Я метался (буквально метался) из стороны в сторону, пытаясь понять, что же все же сейчас происходит и — что мне делать в дальнейшем? Я вспоминал все события — те, что со мной приключились, — я искал их начало, зародыш, зерно, из которого мог бы распутать все это — понять, что же это, в конце концов, делается?

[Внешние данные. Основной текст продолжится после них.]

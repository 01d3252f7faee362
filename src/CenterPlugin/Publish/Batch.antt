-- ===== src/CenterPlugin/Publish/Batch.antt =====
-- What an accepted request publishes.
use relayward_sdk.Base.{
  ℕ, ◌+◌, ◌≤◌, ◌≡◌, refl, ap, false, List, [], ◌∷◌, Option, some, none, Bytes, arith, length, map,
  le_bytes, Increasing, Follows, Follows-Increasing, pass,
}
use relayward_sdk.Json.{Codec}
use relayward_sdk.CenterPlugin.Notification.{NotificationRequest}
use relayward_sdk.CenterPlugin.Publish.{
  PublishedEvent, PublishEventsRequest, EventsPublished, maximum_event_batch_events,
  maximum_event_batch_bytes, check_event, check_published, validate_publish_events_request,
  check_event_count, validate_events_published,
}

abbrev pub source_event_ids : List PublishedEvent → List Bytes
source_event_ids events = map (λ event. event.source_event_id) events

abbrev pub payload_bytes : List PublishedEvent → ℕ
payload_bytes [] = 0
payload_bytes (event ∷ rest) = length event.json + payload_bytes rest

-- All events are there, their IDs increase from `p` on, and their payloads stay within the bound.
record Listed (p : Bytes) (total : ℕ) (values : List (Option PublishedEvent)) : Type 0 where
  events : List PublishedEvent
  present : values ≡ map some events
  follows : Follows p (source_event_ids events)
  bounded : total + payload_bytes events ≤ maximum_event_batch_bytes

-- What an accepted request holds.
pub record Publishable (values : List (Option PublishedEvent)) : Type 0 where
  pub events : List PublishedEvent
  pub present : values ≡ map some events
  pub increasing : Increasing (source_event_ids events)
  pub bounded : payload_bytes events ≤ maximum_event_batch_bytes

module _ (codec : Codec NotificationRequest) where
  follows-event :
      (plugin_id : Bytes) (index : ℕ) (p : Bytes) (event : PublishedEvent)
      → check_event codec plugin_id index (some p) event ≡ pass
      → le_bytes event.source_event_id p ≡ false
  unfolding check_event
  follows-event plugin_id index p event h = ground arith

  check_published-Listed :
      (plugin_id : Bytes) (index : ℕ) (p : Bytes) (total : ℕ)
      (values : List (Option PublishedEvent))
      → total ≤ maximum_event_batch_bytes
      → check_published codec plugin_id index (some p) total values ≡ pass
      → Listed p total values
  unfolding check_published
  check_published-Listed plugin_id index p total [] b h = record {
    events = [];
    present = refl;
    follows = tt;
    bounded = omega (arith, b);
  }
  check_published-Listed plugin_id index p total (none ∷ rest) b h = absurd (ground arith)
  check_published-Listed plugin_id index p total (some event ∷ rest) b h =
      let more =
        check_published-Listed plugin_id (index + 1) event.source_event_id
          (total + length event.json) rest (ground arith) (ground arith) in
      record {
        events = event ∷ more.events;
        present = ap (◌∷◌ (some event)) more.present;
        follows = (follows-event plugin_id index p event (ground arith), more.follows);
        bounded = omega (arith, more.bounded);
      }

  check_published-Publishable :
      (plugin_id : Bytes) (values : List (Option PublishedEvent))
      → check_published codec plugin_id 0 none 0 values ≡ pass
      → Publishable values
  unfolding check_published
  check_published-Publishable plugin_id [] h = record {
    events = [];
    present = refl;
    increasing = tt;
    bounded = omega arith;
  }
  check_published-Publishable plugin_id (none ∷ rest) h = absurd (ground arith)
  check_published-Publishable plugin_id (some event ∷ rest) h =
      let more =
        check_published-Listed plugin_id 1 event.source_event_id (length event.json) rest
          (ground arith) (ground arith) in
      record {
        events = event ∷ more.events;
        present = ap (◌∷◌ (some event)) more.present;
        increasing =
            Follows-Increasing event.source_event_id (source_event_ids more.events) more.follows;
        bounded = more.bounded;
      }

  -- In an accepted request there are 1 to 128 events, all there; their source IDs increase strictly,
  -- so none occurs twice, and their payloads take at most 768 KiB together. An accepted answer counts
  -- exactly these events.
  pub accepted_publication :
      (plugin_id : Bytes) (request : PublishEventsRequest) (response : EventsPublished)
      → validate_events_published codec (some request) plugin_id (some response) ≡ pass
      → Publishable request.events
        × (1 ≤ length request.events)
        × (length request.events ≤ maximum_event_batch_events)
        × (response.event_count ≡ length request.events)
  unfolding validate_events_published validate_publish_events_request check_event_count
  accepted_publication plugin_id request response h = (
    check_published-Publishable plugin_id request.events (ground arith),
    ground arith,
    ground arith,
    ground arith,
  )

Легко вам, читатель, теперь — после того, как вся черновая работа уже мною проделана, выделены основные узлы и линии, восстановлены важные, но легко забывающиеся детали, прослежены, казалось бы нейдущие к делу штрихи, и отброшена всякая муть, — легко вам теперь обозревать все целое. Но мне–то было совсем нелегко — ведь в этой крутой, уверяю, окрошке невозможно никак отличить важное от неважного. Ибо, откуда мне знать, не окажется ли — сегодня неважное важным вдруг завтра, и не покажется ли важное сейчас в следующую минуту пустяком. На что здесь опереться?.. Только на свою счастливую (несчастную) судьбу, только на удачу — на то, на что я уже давно решил опираться в своих сновидениях: на свою волю, на свою интуицию, на доброго своего гения. На авось!

Кстати, читатель, помните ли вы, что «Словарь Даля» производит слово «авось» от сочетания «а вот сейчас»? — «а во се»! — и вот сейчас в голове моей неотступно вертелся этот ошибочный звонок. Ведь я теперь совершенно отчетливо вспомнил, что набирал, нечаянно, номер Сары (Сары Сидоровой — не Софьи, как я думал, вдвойне ошибаясь), — но! — вот попал почему–то к Лике.

Это неспроста! — понял я, и моя болезненная неуверенность, мои односторонние сомнения, мои двухсторонние потуги — все отлетело прочь бесплотною тенью. Я вновь вдруг обрел утраченное время, опамятовал, нащупал корешок судьбы: конечно же, моя история началась с Сары! Не с Томочки, и не с Марли, а именно с Сары Сидоровой, к которой однажды толкнула меня не преодолимая темная сила: тогда в самом начале — помните? — в чулане… Судьба свела нас так ловко, так странно, так неожиданно (как бы нечаянно!), — свела, применив хитроумный маневр с разнесчастным Марлинским и Лядскою Томочкой. А чтение стихов тогда было поэтической декорацией первого акта нашей трагедии…

Что ж, я решил повидать Сару и в третий раз. А вы–то, небось, думали, что Сидоровы исчезли со страниц нашего романа, аки пресловутые обре?!.